_Assigned task_
Scan the lines below and report each one containing "none" by copying it.

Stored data
☆ ☆ ☆ ☆ ☆
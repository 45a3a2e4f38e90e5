-- ===== src/HttpCache.antt =====
-- apps/pop_httpcache.c: the names of the files that keep replies of the web, and what is written to
-- and read from them. A char is its byte. What a system call does is an argument.
pub mod Escape
pub mod Step
pub mod Host
pub mod Closing
pub mod Directory
pub mod Encoding
pub mod Hosts
pub mod Overflow
pub mod Filename
pub mod Create
pub mod Disk
pub mod Named
pub mod Writing
pub mod Reading
mod Tests
use poplar.Prelude.{
  ℕ, zero, suc, ◌+◌, ◌-◌, ◌/◌, Bool, true, false, not, ◌&&◌, ◌||◌, List, [], ◌∷◌, ◌++◌, Option,
  none, some, length, bit_and, ltb, leb, ◌==◌, if◌then◌else◌,
}
use poplar.Prelude.Int.{ℤ, pos, negsuc}
use poplar.Run.{Run, ok, load, store, memcpy, ◌>>=◌}
use poplar.Util.{i2h, lwrcmp, b64cpy}

-- `path` is the chars without the NUL behind them.
pub record CacheRoot : Type 0 where
  pub path : List ℕ
  pub path_length : ℕ

-- "/var/cache/poplar"
abbrev pub default_http_cache_store_path : List ℕ
default_http_cache_store_path =
    47 ∷ 118 ∷ 97 ∷ 114 ∷ 47 ∷ 99 ∷ 97 ∷ 99 ∷ 104 ∷ 101 ∷ 47 ∷ 112 ∷ 111 ∷ 112 ∷ 108 ∷ 97 ∷ 114 ∷ []

unfoldable pub cache_root_set_store_path : Option (List ℕ) → CacheRoot
cache_root_set_store_path (some path) = record { path = path; path_length = length path }
cache_root_set_store_path none = record {
  path = default_http_cache_store_path;
  path_length = length default_http_cache_store_path;
}

-- A char from 128 on is negative, and so at most 31.
unfoldable pub fssafe : ℕ → Bool
fssafe c =
    if leb c 31 || leb 127 c
    then false
    else (leb 97 c && leb c 122)
      || ((leb 65 c && leb c 90)
          || ((leb 48 c && leb c 57) || ((c == 46) || ((c == 45) || (c == 95)))))

-- What stat() says of a path.
pub data Stat : Type 0 where
  missing directory not_directory : Stat

unfoldable pub cache_root_check : Option CacheRoot → Stat → Run ℤ
unfolding load
cache_root_check none stat = ok (pos 0)
cache_root_check (some root) stat = elim (root.path_length == 0) [
  | true ↦ ok (pos 0)
  | false ↦ load (root.path ++ 0 ∷ []) 0 >>= λ c. ok (
      if c == 47
      then (elim stat [ missing ↦ negsuc 0 | directory ↦ pos 1 | not_directory ↦ negsuc 0 ])
      else negsuc 1)
]

-- "http://"
abbrev pub http : List ℕ
http = 104 ∷ 116 ∷ 116 ∷ 112 ∷ 58 ∷ 47 ∷ 47 ∷ []

-- `outbuf` with the place `j`, or with -1 where the function returns at once.
abbrev pub Written : Type 0
Written = List ℕ × Option ℕ

-- A char as it is.
unfoldable pub plain : List ℕ → ℕ → ℕ → ℕ → Run Written
unfolding store
plain outbuf n j c =
    store outbuf j c >>= λ out. ok (out, if leb n (j + 1) then none else some (j + 1))

-- A char as "%" and two digits.
unfoldable pub escaped : List ℕ → ℕ → ℕ → ℕ → Run Written
unfolding store i2h
escaped outbuf n j c = elim (leb n (j + 3)) [
  | true ↦ ok (outbuf, none)
  | false ↦ store outbuf j 37 >>= λ o1. store o1 (j + 1) (i2h (pos (bit_and c 0xF0 / 16))) >>= λ o2.
      store o2 (j + 2) (i2h (pos (bit_and c 0x0F))) >>= λ o3. ok (o3, some (j + 3))
]

-- `url[i] == '%' || !fssafe(url[i])`
unfoldable pub is_escaped : ℕ → Bool
unfolding fssafe
is_escaped c = (c == 37) || not (fssafe c)

unfoldable pub put_char : List ℕ → ℕ → ℕ → ℕ → Run Written
unfolding plain escaped is_escaped
put_char outbuf n j c = elim (is_escaped c) [
  | true ↦ escaped outbuf n j c
  | false ↦ plain outbuf n j c
]

-- `url[i] == '.' && i != len - 1 && url[i + 1] == '.'`
unfoldable pub doubled : List ℕ → ℕ → ℕ → ℕ → Run Bool
unfolding load
doubled url len i c = elim ((c == 46) && not (i + 1 == len)) [
  | true ↦ load url (i + 1) >>= λ d. ok (d == 46)
  | false ↦ ok false
]

-- The loop of urlDirname, with as many iterations as are left.
unfoldable pub host_loop : ℕ → List ℕ → ℕ → List ℕ → ℕ → ℕ → ℕ → Run Written
unfolding load doubled put_char
host_loop zero outbuf n url len i j = ok (outbuf, some j)
host_loop (suc k) outbuf n url len i j = load url i >>= λ c. elim (c == 47) [
  | true ↦ ok (outbuf, some j)
  | false ↦ doubled url len i c >>= λ d. elim d [
    | true ↦ ok (outbuf, none)
    | false ↦ put_char outbuf n j c >>= λ w. elim w.1 [
      | none ↦ ok (w.0, none)
      | some j' ↦ host_loop k w.0 n url len (i + 1) j'
    ]
  ]
]

-- The end of urlDirname, behind the loop.
unfoldable pub close_dirname : ℕ → Written → Run (List ℕ × ℤ)
unfolding store
close_dirname n (outbuf, none) = ok (outbuf, negsuc 0)
close_dirname n (outbuf, some j) = store outbuf j 47 >>= λ o1. elim (leb n (j + 1)) [
  | true ↦ ok (o1, negsuc 0)
  | false ↦ store o1 (j + 1) 0 >>= λ o2. ok (o2, pos (j + 1))
]

-- `if(outbuf[j - 1] != '/') outbuf[j++] = '/';`
unfoldable pub slash_behind : List ℕ → ℕ → Run (List ℕ × ℕ)
unfolding load store
slash_behind outbuf j = load outbuf (j - 1) >>= λ c. elim (c == 47) [
  | true ↦ ok (outbuf, j)
  | false ↦ store outbuf j 47 >>= λ out. ok (out, j + 1)
]

-- urlDirname from the copy of the path on.
unfoldable pub fill_dirname : CacheRoot → List ℕ → ℕ → List ℕ → ℕ → Run (List ℕ × ℤ)
unfolding memcpy slash_behind host_loop close_dirname
fill_dirname root outbuf n url len = memcpy outbuf 0 root.path root.path_length >>= λ o1.
    slash_behind o1 root.path_length >>= λ s.
    host_loop (len - 7) s.0 n url len 7 s.1 >>= λ w. close_dirname n w

abbrev pub is_positive : ℤ → Bool
is_positive (pos zero) = false
is_positive (pos (suc k)) = true
is_positive (negsuc k) = false

abbrev pub is_zero : ℤ → Bool
is_zero (pos zero) = true
is_zero _ = false

unfoldable pub url_dirname : CacheRoot → Stat → List ℕ → ℕ → List ℕ → ℕ → Run (List ℕ × ℤ)
unfolding lwrcmp cache_root_check fill_dirname
url_dirname root stat outbuf n url len = elim (ltb len 8) [
  | true ↦ ok (outbuf, negsuc 0)
  | false ↦ lwrcmp url http 7 >>= λ order. elim (is_zero order) [
    | false ↦ ok (outbuf, negsuc 0)
    | true ↦ cache_root_check (some root) stat >>= λ checked.
        elim (is_positive checked && ltb root.path_length n) [
          | false ↦ ok (outbuf, negsuc 0)
          | true ↦ fill_dirname root outbuf n url len
        ]
  ]
]

-- urlFilename behind the call of urlDirname; `md5` is the digest of common/md5.c.
unfoldable pub put_filename : (List ℕ → List ℕ) → ℕ → List ℕ → List ℕ × ℤ → Run (List ℕ × ℤ)
unfolding b64cpy memcpy store
put_filename md5 n url (buf, negsuc k) = ok (buf, negsuc 0)
put_filename md5 n url (buf, pos j) = elim (leb n (j + 24)) [
  | true ↦ ok (buf, negsuc 0)
  | false ↦ b64cpy (md5 url) true >>= λ copied.
      memcpy buf j copied.0 copied.1 >>= λ b1. store b1 (j + 24) 0 >>= λ b2. ok (b2, pos (j + 24))
]

unfoldable pub url_filename :
    (List ℕ → List ℕ) → CacheRoot → Stat → List ℕ → ℕ → List ℕ → ℕ → Run (List ℕ × ℤ)
unfolding url_dirname put_filename
url_filename md5 root stat buf n url len =
    url_dirname root stat buf n url len >>= λ r. put_filename md5 n url r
☆ ☆ ☆ ☆ ☆
_Solution_
  none, some, length, bit_and, ltb, leb, ◌==◌, if◌then◌else◌,
cache_root_set_store_path none = record {
cache_root_check none stat = ok (pos 0)
    store outbuf j c >>= λ out. ok (out, if leb n (j + 1) then none else some (j + 1))
  | true ↦ ok (outbuf, none)
    | true ↦ ok (outbuf, none)
      | none ↦ ok (w.0, none)
close_dirname n (outbuf, none) = ok (outbuf, negsuc 0)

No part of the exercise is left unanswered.